**Records for the task:**
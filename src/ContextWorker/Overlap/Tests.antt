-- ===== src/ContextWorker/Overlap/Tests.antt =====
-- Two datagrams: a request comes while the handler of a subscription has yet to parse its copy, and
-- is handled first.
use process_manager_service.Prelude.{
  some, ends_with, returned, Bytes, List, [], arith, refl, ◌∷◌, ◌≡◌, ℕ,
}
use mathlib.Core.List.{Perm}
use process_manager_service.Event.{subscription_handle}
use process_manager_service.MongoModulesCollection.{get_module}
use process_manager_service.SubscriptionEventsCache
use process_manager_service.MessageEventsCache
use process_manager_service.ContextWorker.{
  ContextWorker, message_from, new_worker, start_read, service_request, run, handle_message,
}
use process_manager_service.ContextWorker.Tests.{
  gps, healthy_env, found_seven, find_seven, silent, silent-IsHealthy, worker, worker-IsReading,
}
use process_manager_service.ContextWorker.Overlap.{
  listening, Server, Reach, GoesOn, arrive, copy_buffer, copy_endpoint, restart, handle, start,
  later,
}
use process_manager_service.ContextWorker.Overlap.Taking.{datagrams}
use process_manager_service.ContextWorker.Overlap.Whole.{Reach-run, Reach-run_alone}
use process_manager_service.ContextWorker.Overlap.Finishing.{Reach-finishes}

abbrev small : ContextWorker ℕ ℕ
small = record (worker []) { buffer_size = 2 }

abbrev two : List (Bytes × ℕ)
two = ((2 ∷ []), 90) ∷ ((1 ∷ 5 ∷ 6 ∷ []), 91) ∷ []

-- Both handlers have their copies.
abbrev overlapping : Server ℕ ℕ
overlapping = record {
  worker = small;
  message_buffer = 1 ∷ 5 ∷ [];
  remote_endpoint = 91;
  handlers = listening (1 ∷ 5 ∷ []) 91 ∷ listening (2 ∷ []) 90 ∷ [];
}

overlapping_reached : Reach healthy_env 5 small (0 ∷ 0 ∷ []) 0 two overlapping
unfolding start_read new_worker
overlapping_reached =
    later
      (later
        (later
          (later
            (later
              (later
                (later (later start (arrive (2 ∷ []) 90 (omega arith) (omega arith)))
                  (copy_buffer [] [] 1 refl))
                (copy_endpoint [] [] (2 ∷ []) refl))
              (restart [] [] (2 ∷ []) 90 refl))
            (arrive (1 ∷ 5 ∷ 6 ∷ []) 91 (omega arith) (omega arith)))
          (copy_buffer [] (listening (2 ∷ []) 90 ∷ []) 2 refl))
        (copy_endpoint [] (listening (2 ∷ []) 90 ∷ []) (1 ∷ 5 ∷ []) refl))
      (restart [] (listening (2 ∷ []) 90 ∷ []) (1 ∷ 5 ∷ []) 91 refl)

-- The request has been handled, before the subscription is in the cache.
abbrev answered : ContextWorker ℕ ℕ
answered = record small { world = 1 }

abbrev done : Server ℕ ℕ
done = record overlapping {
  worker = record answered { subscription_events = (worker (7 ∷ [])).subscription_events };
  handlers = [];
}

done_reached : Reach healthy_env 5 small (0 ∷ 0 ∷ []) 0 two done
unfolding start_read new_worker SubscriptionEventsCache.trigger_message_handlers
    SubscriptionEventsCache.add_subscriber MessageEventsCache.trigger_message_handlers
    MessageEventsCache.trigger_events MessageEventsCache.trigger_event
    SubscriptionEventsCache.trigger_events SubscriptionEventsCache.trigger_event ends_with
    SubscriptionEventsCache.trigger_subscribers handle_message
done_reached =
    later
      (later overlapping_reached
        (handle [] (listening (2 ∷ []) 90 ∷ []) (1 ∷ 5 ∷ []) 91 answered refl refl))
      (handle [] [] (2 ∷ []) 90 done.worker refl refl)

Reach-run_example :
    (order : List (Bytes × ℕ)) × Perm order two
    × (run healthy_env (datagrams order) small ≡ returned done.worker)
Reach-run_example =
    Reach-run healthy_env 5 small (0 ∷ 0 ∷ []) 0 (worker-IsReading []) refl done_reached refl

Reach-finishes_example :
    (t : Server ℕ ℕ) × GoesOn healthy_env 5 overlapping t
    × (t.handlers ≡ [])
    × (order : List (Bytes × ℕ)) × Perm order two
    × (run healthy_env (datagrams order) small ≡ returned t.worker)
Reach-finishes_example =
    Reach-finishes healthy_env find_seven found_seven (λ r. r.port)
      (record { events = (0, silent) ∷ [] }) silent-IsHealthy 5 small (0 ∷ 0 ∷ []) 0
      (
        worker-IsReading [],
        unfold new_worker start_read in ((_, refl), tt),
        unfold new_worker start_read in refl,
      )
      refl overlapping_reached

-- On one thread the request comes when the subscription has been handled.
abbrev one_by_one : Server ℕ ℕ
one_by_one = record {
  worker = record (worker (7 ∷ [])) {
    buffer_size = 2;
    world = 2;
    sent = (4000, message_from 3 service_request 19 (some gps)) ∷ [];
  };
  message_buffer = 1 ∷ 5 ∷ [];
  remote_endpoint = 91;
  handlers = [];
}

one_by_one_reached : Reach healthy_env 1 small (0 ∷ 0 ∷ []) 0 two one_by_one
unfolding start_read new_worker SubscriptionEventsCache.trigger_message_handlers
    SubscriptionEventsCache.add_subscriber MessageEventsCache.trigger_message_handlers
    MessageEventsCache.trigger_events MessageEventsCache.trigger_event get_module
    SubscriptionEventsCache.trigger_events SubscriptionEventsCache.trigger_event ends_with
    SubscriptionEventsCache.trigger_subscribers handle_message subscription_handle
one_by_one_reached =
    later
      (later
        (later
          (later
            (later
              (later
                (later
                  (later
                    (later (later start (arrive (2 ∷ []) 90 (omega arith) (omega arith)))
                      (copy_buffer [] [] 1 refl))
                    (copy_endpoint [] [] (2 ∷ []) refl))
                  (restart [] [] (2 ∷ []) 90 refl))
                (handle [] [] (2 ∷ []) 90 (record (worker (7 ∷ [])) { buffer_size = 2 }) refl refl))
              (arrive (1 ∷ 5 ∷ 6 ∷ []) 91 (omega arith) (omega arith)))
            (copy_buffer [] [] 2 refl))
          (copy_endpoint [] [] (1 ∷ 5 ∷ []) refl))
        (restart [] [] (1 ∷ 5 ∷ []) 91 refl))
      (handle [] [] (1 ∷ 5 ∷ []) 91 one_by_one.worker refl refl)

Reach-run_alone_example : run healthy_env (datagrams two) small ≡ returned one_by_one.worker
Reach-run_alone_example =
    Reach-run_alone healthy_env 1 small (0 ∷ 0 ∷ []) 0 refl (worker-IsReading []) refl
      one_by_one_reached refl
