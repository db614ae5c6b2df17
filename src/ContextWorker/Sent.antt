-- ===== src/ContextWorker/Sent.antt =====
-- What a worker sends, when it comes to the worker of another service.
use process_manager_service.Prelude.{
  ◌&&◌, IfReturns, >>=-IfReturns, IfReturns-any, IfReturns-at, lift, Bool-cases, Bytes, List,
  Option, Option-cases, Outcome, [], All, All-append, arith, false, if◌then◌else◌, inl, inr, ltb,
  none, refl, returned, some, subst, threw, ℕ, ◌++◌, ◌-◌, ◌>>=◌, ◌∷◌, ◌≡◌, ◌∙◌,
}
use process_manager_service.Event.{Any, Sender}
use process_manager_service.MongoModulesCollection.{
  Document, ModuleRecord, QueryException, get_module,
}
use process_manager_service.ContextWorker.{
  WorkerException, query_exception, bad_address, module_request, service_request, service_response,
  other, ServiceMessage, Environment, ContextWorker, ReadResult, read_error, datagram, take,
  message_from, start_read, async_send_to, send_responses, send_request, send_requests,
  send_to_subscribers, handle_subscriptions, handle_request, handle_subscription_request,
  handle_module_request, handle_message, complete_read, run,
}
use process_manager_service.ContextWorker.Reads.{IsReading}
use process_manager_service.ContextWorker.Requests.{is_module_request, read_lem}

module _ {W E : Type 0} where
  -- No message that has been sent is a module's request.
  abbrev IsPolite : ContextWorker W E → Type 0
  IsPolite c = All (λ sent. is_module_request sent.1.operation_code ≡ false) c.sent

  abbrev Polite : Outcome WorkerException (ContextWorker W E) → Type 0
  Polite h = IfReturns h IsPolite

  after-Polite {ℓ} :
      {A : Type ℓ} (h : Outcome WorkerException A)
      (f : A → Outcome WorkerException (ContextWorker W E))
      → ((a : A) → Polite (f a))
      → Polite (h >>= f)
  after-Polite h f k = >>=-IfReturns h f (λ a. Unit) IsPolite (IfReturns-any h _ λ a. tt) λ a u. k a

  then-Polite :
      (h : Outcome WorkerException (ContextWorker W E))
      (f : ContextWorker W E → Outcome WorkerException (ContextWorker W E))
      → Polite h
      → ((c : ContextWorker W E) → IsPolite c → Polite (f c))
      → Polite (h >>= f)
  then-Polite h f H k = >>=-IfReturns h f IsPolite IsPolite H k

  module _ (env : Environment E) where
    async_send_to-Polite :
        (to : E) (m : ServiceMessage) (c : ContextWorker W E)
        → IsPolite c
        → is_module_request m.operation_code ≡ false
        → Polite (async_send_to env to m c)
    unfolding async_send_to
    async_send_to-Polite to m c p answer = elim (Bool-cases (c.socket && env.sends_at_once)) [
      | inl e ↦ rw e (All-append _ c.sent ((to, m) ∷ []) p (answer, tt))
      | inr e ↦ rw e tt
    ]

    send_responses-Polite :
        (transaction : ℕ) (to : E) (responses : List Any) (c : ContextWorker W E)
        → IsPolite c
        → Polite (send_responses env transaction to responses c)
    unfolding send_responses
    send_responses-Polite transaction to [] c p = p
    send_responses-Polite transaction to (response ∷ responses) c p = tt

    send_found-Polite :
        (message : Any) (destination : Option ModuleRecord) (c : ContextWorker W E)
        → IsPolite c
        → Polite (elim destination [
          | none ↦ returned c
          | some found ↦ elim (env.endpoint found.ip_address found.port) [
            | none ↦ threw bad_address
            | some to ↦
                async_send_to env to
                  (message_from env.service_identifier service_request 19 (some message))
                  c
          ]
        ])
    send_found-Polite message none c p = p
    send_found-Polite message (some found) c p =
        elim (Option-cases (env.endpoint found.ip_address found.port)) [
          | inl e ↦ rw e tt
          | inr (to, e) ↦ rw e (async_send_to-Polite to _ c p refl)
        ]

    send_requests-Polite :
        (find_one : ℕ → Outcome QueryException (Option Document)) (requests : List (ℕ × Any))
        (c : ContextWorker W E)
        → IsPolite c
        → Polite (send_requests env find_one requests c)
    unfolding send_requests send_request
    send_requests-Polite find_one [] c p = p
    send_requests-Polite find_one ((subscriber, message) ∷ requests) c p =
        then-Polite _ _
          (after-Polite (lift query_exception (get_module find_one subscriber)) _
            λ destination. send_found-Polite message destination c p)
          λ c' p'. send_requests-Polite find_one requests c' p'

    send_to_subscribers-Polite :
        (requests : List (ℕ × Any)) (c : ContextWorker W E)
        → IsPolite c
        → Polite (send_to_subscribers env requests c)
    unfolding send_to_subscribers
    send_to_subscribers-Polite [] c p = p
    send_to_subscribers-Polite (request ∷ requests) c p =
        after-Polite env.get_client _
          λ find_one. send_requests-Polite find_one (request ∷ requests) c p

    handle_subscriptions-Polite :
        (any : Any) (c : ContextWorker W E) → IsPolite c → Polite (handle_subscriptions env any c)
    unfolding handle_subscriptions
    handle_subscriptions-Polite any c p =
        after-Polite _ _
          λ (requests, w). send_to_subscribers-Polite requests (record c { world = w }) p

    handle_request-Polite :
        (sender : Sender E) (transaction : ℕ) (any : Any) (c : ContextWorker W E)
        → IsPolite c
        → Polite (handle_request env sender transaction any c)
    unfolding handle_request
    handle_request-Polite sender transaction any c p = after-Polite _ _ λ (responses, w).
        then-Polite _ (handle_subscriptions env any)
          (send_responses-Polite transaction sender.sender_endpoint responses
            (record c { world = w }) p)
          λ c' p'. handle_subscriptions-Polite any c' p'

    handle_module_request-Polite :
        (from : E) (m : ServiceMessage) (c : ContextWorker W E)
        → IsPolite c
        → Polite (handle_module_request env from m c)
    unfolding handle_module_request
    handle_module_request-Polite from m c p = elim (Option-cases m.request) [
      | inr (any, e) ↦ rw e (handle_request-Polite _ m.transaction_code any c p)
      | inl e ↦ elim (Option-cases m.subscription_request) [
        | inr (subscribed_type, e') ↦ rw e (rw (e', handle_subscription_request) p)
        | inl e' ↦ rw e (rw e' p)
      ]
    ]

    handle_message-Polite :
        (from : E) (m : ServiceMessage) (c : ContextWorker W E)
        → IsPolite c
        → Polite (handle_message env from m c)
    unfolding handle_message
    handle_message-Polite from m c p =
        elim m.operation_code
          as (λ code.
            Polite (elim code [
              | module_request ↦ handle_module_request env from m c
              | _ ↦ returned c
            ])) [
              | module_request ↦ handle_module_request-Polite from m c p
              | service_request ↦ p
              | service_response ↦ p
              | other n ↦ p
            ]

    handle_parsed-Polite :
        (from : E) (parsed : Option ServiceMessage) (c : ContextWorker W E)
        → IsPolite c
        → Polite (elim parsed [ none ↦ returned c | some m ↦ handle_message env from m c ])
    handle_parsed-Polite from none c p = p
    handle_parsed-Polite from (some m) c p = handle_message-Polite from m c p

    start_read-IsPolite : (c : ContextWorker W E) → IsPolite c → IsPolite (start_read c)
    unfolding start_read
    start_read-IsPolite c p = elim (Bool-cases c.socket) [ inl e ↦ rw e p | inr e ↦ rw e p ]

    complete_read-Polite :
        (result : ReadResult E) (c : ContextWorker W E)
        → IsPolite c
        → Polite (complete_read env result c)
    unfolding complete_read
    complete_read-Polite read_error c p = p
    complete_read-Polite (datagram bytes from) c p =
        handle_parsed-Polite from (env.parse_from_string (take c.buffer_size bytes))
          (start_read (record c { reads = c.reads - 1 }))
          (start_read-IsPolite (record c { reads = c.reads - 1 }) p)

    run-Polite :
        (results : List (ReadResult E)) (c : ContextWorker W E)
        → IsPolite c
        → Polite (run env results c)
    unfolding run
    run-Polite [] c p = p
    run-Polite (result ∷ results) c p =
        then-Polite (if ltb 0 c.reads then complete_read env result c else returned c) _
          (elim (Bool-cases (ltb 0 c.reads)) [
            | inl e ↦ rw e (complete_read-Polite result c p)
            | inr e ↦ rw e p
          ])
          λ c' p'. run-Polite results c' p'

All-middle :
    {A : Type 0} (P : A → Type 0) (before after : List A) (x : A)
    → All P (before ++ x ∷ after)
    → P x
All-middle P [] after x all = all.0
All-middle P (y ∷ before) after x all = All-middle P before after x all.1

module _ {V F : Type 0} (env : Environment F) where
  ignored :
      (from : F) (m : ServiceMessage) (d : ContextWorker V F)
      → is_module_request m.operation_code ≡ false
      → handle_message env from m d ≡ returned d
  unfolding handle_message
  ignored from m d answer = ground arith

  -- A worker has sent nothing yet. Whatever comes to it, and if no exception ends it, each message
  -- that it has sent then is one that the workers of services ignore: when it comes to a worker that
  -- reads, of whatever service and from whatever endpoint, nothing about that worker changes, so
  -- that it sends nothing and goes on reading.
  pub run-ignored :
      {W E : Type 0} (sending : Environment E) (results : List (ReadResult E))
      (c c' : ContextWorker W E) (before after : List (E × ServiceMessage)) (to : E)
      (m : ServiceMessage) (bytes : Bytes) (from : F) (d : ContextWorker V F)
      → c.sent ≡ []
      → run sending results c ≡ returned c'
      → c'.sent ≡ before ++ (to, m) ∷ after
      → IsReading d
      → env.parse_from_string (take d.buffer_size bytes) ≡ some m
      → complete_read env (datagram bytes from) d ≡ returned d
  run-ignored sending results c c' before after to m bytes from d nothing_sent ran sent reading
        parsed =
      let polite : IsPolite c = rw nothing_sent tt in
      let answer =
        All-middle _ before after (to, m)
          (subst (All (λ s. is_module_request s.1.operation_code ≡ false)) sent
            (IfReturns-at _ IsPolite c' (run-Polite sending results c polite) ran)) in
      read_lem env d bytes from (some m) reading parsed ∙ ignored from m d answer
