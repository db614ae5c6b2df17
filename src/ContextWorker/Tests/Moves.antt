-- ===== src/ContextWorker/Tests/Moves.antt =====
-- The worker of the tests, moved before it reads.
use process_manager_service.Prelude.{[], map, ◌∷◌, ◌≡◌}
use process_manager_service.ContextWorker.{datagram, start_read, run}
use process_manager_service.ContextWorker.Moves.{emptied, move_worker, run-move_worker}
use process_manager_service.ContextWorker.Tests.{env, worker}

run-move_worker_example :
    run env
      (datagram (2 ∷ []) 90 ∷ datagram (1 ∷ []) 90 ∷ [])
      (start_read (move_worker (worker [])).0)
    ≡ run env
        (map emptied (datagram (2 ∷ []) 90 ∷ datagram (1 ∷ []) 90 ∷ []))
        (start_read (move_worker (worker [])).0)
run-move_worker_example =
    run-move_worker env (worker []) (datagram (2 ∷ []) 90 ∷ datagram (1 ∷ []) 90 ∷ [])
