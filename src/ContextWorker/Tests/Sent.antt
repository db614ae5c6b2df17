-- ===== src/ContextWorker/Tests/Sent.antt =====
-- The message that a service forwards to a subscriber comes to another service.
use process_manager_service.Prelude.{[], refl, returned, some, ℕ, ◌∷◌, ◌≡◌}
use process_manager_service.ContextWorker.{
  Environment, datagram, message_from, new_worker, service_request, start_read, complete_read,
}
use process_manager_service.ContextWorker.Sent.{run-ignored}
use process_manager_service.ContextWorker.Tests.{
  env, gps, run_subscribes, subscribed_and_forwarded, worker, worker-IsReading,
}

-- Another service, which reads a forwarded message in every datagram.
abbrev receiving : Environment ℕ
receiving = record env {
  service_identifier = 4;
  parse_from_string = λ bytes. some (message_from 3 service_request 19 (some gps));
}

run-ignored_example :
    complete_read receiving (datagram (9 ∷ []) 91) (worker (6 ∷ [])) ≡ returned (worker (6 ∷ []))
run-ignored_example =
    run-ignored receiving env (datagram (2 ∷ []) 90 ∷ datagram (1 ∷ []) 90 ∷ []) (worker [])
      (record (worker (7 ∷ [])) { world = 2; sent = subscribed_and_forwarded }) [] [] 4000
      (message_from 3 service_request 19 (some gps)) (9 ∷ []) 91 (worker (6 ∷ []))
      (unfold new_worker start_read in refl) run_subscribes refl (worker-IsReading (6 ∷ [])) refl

**What is needed:** Give back precisely the lines above that start at the line containing "unfolding async_send_to" and end at the line containing "send_found-Polite message (some", inclusive. No other lines belong in the output.

**Solution for this exercise:**
    unfolding async_send_to
    async_send_to-Polite to m c p answer = elim (Bool-cases (c.socket && env.sends_at_once)) [
      | inl e ↦ rw e (All-append _ c.sent ((to, m) ∷ []) p (answer, tt))
      | inr e ↦ rw e tt
    ]

    send_responses-Polite :
        (transaction : ℕ) (to : E) (responses : List Any) (c : ContextWorker W E)
        → IsPolite c
        → Polite (send_responses env transaction to responses c)
    unfolding send_responses
    send_responses-Polite transaction to [] c p = p
    send_responses-Polite transaction to (response ∷ responses) c p = tt

    send_found-Polite :
        (message : Any) (destination : Option ModuleRecord) (c : ContextWorker W E)
        → IsPolite c
        → Polite (elim destination [
          | none ↦ returned c
          | some found ↦ elim (env.endpoint found.ip_address found.port) [
            | none ↦ threw bad_address
            | some to ↦
                async_send_to env to
                  (message_from env.service_identifier service_request 19 (some message))
                  c
          ]
        ])
    send_found-Polite message none c p = p
    send_found-Polite message (some found) c p =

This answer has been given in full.